Task to complete:
Please transcribe the data that follows, keeping every line exact.

The data:
━━━━━━━━
-- ===== src/Raft/Log/Protect.antt =====
-- Entries up to a given index survive a `splice` whose message agrees with them.
use ferrium.Common.{
  ℕ, zero, suc, ◌+◌, ◌-◌, ◌≤◌, ◌<◌, ◌≡◌, refl, ap, List, [], ◌∷◌, length, take, drop, arith,
  u64_mod, length-drop, get_elem?-take, get_elem?-drop, dec_le, true,
}
use ferrium.Raft.Log.{LogEntry, RaftLog, get, term_at, matches, splice}
use ferrium.Raft.Log.Index.{Fits, get_lem, last_index_lem}
use ferrium.Raft.Log.Splice.{merge, splice-eq-merge}
use ferrium.Raft.Log.Merge.{
  Covers, Fits-splice, get-splice_prefix, get-merged_suffix, entries-splice, length-merged,
}

take-merge_Covers :
    (c : ℕ) (es is : List LogEntry)
    → c ≤ length es
    → Covers es (take c is)
    → take c (merge es is) ≡ take c es
unfolding merge
take-merge_Covers zero es is h v = refl
take-merge_Covers (suc c) [] is h v = absurd (omega arith)
take-merge_Covers (suc c) (e ∷ es) [] h v = refl
take-merge_Covers (suc c) (e ∷ es) (i ∷ is) h v = ground (arith, take-merge_Covers c es is)

length-merge_Covers :
    (c : ℕ) (es is : List LogEntry)
    → c ≤ length es
    → Covers es (take c is)
    → c ≤ length (merge es is)
unfolding merge
length-merge_Covers zero es is h v = omega arith
length-merge_Covers (suc c) [] is h v = absurd (omega arith)
length-merge_Covers (suc c) (e ∷ es) [] h v = h
length-merge_Covers (suc c) (e ∷ es) (i ∷ is) h v = ground (arith, length-merge_Covers c es is)

-- A log that matches at an index that is not compacted away reaches that index.
pub matches-le :
    (log : RaftLog) (i t : ℕ)
    → log.snapshot_index ≤ i
    → Fits log
    → matches log i t ≡ true
    → i ≤ log.snapshot_index + length log.entries
unfolding matches term_at get
matches-le log i t lo f h = ground (arith, last_index_lem log f)

module _ (log : RaftLog) (c prev : ℕ) (incoming : List LogEntry) (lo : log.snapshot_index ≤ prev)
    (hi : prev ≤ log.snapshot_index + length log.entries)
    (fits : log.snapshot_index + length log.entries + length incoming + 1 < u64_mod)
    (end : c ≤ log.snapshot_index + length log.entries)
    (agrees : Covers
      (drop (prev - log.snapshot_index) log.entries)
      (take (c - prev) incoming)) where
  abbrev rest : List LogEntry
  rest = drop (prev - log.snapshot_index) log.entries

  pub le-splice : c ≤ log.snapshot_index + length (splice prev incoming log).0.entries
  le-splice = rw (entries-splice log prev incoming lo hi fits) (
      omega (
        arith,
        length-merged log prev incoming lo hi fits,
        length-drop (prev - log.snapshot_index) log.entries,
        length-merge_Covers (c - prev) rest incoming
            (omega (arith, length-drop (prev - log.snapshot_index) log.entries)) agrees,
      ))

  pub get-splice_Covers : (i : ℕ) → i ≤ c → get (splice prev incoming log).0 i ≡ get log i
  get-splice_Covers i h = elim (dec_le i prev) [
    | yes before ↦ get-splice_prefix log prev incoming lo hi fits i before
    | no after ↦
        let k = prev - log.snapshot_index in
        let j = i - prev - 1 in
        let e : i - log.snapshot_index - 1 ≡ k + j = omega arith in
        let room = length-drop k log.entries in
        rw
          (
            get_lem (splice prev incoming log).0 i (Fits-splice log prev incoming lo hi fits),
            get_lem log i (omega arith),
          )
          (rw (splice-eq-merge log prev incoming lo hi fits) (
            ground (
              arith,
              e,
              get-merged_suffix log prev incoming lo hi fits j,
              get_elem?-take (c - prev) (merge rest incoming) j,
              get_elem?-take (c - prev) rest j,
              take-merge_Covers (c - prev) rest incoming,
              get_elem?-drop k log.entries j,
            )))
  ]

pub snapshot_index-splice :
    (log : RaftLog) (prev : ℕ) (incoming : List LogEntry)
    → log.snapshot_index ≤ prev
    → prev ≤ log.snapshot_index + length log.entries
    → log.snapshot_index + length log.entries + length incoming + 1 < u64_mod
    → (splice prev incoming log).0.snapshot_index ≡ log.snapshot_index
snapshot_index-splice log prev incoming lo hi fits =
    ap (λ (l : RaftLog). l.snapshot_index) (splice-eq-merge log prev incoming lo hi fits)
━━━━━━━━
Your solution:
-- ===== src/Raft/Log/Protect.antt =====
-- Entries up to a given index survive a `splice` whose message agrees with them.
use ferrium.Common.{
  ℕ, zero, suc, ◌+◌, ◌-◌, ◌≤◌, ◌<◌, ◌≡◌, refl, ap, List, [], ◌∷◌, length, take, drop, arith,
  u64_mod, length-drop, get_elem?-take, get_elem?-drop, dec_le, true,
}
use ferrium.Raft.Log.{LogEntry, RaftLog, get, term_at, matches, splice}
use ferrium.Raft.Log.Index.{Fits, get_lem, last_index_lem}
use ferrium.Raft.Log.Splice.{merge, splice-eq-merge}
use ferrium.Raft.Log.Merge.{
  Covers, Fits-splice, get-splice_prefix, get-merged_suffix, entries-splice, length-merged,
}

take-merge_Covers :
    (c : ℕ) (es is : List LogEntry)
    → c ≤ length es
    → Covers es (take c is)
    → take c (merge es is) ≡ take c es
unfolding merge
take-merge_Covers zero es is h v = refl
take-merge_Covers (suc c) [] is h v = absurd (omega arith)
take-merge_Covers (suc c) (e ∷ es) [] h v = refl
take-merge_Covers (suc c) (e ∷ es) (i ∷ is) h v = ground (arith, take-merge_Covers c es is)

length-merge_Covers :
    (c : ℕ) (es is : List LogEntry)
    → c ≤ length es
    → Covers es (take c is)
    → c ≤ length (merge es is)
unfolding merge
length-merge_Covers zero es is h v = omega arith
length-merge_Covers (suc c) [] is h v = absurd (omega arith)
length-merge_Covers (suc c) (e ∷ es) [] h v = h
length-merge_Covers (suc c) (e ∷ es) (i ∷ is) h v = ground (arith, length-merge_Covers c es is)

-- A log that matches at an index that is not compacted away reaches that index.
pub matches-le :
    (log : RaftLog) (i t : ℕ)
    → log.snapshot_index ≤ i
    → Fits log
    → matches log i t ≡ true
    → i ≤ log.snapshot_index + length log.entries
unfolding matches term_at get
matches-le log i t lo f h = ground (arith, last_index_lem log f)

module _ (log : RaftLog) (c prev : ℕ) (incoming : List LogEntry) (lo : log.snapshot_index ≤ prev)
    (hi : prev ≤ log.snapshot_index + length log.entries)
    (fits : log.snapshot_index + length log.entries + length incoming + 1 < u64_mod)
    (end : c ≤ log.snapshot_index + length log.entries)
    (agrees : Covers
      (drop (prev - log.snapshot_index) log.entries)
      (take (c - prev) incoming)) where
  abbrev rest : List LogEntry
  rest = drop (prev - log.snapshot_index) log.entries

  pub le-splice : c ≤ log.snapshot_index + length (splice prev incoming log).0.entries
  le-splice = rw (entries-splice log prev incoming lo hi fits) (
      omega (
        arith,
        length-merged log prev incoming lo hi fits,
        length-drop (prev - log.snapshot_index) log.entries,
        length-merge_Covers (c - prev) rest incoming
            (omega (arith, length-drop (prev - log.snapshot_index) log.entries)) agrees,
      ))

  pub get-splice_Covers : (i : ℕ) → i ≤ c → get (splice prev incoming log).0 i ≡ get log i
  get-splice_Covers i h = elim (dec_le i prev) [
    | yes before ↦ get-splice_prefix log prev incoming lo hi fits i before
    | no after ↦
        let k = prev - log.snapshot_index in
        let j = i - prev - 1 in
        let e : i - log.snapshot_index - 1 ≡ k + j = omega arith in
        let room = length-drop k log.entries in
        rw
          (
            get_lem (splice prev incoming log).0 i (Fits-splice log prev incoming lo hi fits),
            get_lem log i (omega arith),
          )
          (rw (splice-eq-merge log prev incoming lo hi fits) (
            ground (
              arith,
              e,
              get-merged_suffix log prev incoming lo hi fits j,
              get_elem?-take (c - prev) (merge rest incoming) j,
              get_elem?-take (c - prev) rest j,
              take-merge_Covers (c - prev) rest incoming,
              get_elem?-drop k log.entries j,
            )))
  ]

pub snapshot_index-splice :
    (log : RaftLog) (prev : ℕ) (incoming : List LogEntry)
    → log.snapshot_index ≤ prev
    → prev ≤ log.snapshot_index + length log.entries
    → log.snapshot_index + length log.entries + length incoming + 1 < u64_mod
    → (splice prev incoming log).0.snapshot_index ≡ log.snapshot_index
snapshot_index-splice log prev incoming lo hi fits =
    ap (λ (l : RaftLog). l.snapshot_index) (splice-eq-merge log prev incoming lo hi fits)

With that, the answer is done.